Dataset extract –

^^^^

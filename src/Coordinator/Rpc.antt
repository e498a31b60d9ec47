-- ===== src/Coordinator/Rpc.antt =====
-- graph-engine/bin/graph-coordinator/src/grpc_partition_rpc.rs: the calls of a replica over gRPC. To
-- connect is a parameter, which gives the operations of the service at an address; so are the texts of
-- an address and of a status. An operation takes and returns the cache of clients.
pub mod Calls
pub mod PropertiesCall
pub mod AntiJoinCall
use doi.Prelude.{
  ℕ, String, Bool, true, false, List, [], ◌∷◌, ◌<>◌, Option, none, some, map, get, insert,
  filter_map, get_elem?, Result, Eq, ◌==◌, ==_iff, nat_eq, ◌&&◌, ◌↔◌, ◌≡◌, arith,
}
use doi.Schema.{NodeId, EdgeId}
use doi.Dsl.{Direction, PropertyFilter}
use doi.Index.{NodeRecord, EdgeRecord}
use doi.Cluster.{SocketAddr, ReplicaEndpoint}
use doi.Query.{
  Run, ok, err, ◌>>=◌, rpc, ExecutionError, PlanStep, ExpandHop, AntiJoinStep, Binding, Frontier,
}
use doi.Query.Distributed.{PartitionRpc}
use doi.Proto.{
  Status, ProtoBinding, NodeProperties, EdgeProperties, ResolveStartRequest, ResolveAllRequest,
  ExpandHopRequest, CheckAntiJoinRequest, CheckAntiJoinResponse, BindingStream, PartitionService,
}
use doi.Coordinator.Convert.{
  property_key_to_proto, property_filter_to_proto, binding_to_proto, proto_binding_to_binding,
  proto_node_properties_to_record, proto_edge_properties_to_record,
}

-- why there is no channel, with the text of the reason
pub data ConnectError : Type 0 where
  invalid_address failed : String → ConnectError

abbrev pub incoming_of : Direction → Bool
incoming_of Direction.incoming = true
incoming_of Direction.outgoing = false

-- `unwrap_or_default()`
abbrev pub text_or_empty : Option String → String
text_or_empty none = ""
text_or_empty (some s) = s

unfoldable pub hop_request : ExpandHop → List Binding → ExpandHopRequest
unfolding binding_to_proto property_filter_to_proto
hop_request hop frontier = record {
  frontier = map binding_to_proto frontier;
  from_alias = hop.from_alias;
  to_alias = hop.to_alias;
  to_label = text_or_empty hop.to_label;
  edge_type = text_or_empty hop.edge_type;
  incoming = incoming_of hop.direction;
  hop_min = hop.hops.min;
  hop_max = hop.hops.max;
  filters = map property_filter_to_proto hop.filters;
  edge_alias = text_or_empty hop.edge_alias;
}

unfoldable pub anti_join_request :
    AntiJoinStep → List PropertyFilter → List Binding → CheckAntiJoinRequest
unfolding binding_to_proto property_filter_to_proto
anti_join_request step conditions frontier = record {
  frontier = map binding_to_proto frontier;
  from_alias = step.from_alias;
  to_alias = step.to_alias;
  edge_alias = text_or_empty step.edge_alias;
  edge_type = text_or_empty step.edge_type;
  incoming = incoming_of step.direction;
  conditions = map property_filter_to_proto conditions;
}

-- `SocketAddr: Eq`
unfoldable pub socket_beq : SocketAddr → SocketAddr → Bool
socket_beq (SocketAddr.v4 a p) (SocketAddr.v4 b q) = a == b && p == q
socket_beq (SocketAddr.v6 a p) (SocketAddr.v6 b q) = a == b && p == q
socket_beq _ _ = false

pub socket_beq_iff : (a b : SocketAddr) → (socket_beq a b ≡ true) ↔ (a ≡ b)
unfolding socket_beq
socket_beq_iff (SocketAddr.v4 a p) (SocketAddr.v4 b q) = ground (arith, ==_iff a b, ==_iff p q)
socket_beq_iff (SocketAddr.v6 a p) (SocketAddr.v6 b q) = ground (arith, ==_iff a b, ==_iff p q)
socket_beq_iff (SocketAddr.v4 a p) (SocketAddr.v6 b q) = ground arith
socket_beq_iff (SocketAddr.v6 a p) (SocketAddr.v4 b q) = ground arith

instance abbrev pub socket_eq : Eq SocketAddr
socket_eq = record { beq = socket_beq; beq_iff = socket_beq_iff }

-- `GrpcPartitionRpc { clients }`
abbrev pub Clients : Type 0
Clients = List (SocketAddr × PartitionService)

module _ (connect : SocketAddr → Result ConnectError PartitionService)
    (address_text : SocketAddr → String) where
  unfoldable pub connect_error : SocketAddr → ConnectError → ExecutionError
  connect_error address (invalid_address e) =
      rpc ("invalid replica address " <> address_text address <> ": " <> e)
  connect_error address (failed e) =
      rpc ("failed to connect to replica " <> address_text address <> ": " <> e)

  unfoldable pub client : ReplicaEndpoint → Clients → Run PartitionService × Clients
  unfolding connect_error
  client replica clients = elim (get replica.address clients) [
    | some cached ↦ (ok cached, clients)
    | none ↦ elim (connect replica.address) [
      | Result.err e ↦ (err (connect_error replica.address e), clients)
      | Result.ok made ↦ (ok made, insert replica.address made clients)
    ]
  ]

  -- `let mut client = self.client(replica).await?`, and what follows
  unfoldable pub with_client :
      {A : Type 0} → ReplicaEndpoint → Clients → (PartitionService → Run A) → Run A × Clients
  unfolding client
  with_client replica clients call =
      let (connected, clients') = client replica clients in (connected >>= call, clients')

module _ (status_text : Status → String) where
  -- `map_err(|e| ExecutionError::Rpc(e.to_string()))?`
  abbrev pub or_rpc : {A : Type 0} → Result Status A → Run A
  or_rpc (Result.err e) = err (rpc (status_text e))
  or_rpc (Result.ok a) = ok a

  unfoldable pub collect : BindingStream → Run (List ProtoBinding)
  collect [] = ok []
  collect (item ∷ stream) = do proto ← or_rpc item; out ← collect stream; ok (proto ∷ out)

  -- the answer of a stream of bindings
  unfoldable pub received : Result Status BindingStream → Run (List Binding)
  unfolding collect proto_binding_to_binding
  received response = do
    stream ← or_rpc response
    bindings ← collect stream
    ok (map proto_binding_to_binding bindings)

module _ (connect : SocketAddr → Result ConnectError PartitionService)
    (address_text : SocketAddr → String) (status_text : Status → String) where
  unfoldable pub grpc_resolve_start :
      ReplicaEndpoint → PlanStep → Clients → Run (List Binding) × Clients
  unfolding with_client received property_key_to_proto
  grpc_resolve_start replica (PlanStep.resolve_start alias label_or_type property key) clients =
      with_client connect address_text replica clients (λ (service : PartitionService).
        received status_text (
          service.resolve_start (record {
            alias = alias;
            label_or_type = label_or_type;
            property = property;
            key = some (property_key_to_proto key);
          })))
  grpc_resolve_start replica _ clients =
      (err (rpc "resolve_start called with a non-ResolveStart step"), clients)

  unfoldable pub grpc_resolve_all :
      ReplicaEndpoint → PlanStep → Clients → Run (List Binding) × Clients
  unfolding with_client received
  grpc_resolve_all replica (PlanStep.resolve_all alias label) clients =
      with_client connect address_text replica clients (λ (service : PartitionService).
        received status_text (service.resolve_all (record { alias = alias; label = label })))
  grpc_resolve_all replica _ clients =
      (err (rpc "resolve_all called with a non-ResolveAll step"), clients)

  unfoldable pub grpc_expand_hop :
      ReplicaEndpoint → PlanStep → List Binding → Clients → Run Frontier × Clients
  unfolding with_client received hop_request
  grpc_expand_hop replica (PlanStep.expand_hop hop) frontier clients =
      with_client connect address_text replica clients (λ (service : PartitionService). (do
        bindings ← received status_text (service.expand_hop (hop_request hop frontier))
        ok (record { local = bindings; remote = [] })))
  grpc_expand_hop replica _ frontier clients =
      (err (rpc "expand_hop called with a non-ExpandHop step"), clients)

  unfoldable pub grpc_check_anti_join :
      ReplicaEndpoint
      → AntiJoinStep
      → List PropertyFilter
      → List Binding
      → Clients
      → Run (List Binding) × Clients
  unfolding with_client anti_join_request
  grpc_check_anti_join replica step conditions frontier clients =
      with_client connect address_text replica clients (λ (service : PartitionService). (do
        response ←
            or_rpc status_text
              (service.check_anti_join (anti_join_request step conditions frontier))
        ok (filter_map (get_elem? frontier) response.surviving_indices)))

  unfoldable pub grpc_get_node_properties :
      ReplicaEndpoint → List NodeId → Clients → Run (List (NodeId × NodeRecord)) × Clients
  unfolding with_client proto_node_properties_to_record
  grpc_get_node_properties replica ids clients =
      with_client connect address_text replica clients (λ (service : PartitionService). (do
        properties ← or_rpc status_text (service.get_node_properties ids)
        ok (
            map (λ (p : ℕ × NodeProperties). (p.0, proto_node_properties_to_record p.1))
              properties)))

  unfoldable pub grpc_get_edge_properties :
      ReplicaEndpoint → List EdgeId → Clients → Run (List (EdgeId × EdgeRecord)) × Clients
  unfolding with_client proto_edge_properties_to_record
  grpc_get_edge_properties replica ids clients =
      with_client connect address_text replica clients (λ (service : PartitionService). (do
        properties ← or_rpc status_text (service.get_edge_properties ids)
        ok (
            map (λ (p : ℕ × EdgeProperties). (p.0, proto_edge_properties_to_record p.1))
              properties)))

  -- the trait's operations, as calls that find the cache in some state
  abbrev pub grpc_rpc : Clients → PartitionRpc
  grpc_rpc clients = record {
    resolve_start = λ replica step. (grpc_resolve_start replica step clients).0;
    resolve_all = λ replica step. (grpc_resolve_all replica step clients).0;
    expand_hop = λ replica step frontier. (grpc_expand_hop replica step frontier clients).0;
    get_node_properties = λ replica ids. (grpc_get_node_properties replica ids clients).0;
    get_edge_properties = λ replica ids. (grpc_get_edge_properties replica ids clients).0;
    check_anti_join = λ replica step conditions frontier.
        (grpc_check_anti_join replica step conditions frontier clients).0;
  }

^^^^

Return each line from the records that includes the word "true".

Written answer –
  ℕ, String, Bool, true, false, List, [], ◌∷◌, ◌<>◌, Option, none, some, map, get, insert,
incoming_of Direction.incoming = true
pub socket_beq_iff : (a b : SocketAddr) → (socket_beq a b ≡ true) ↔ (a ≡ b)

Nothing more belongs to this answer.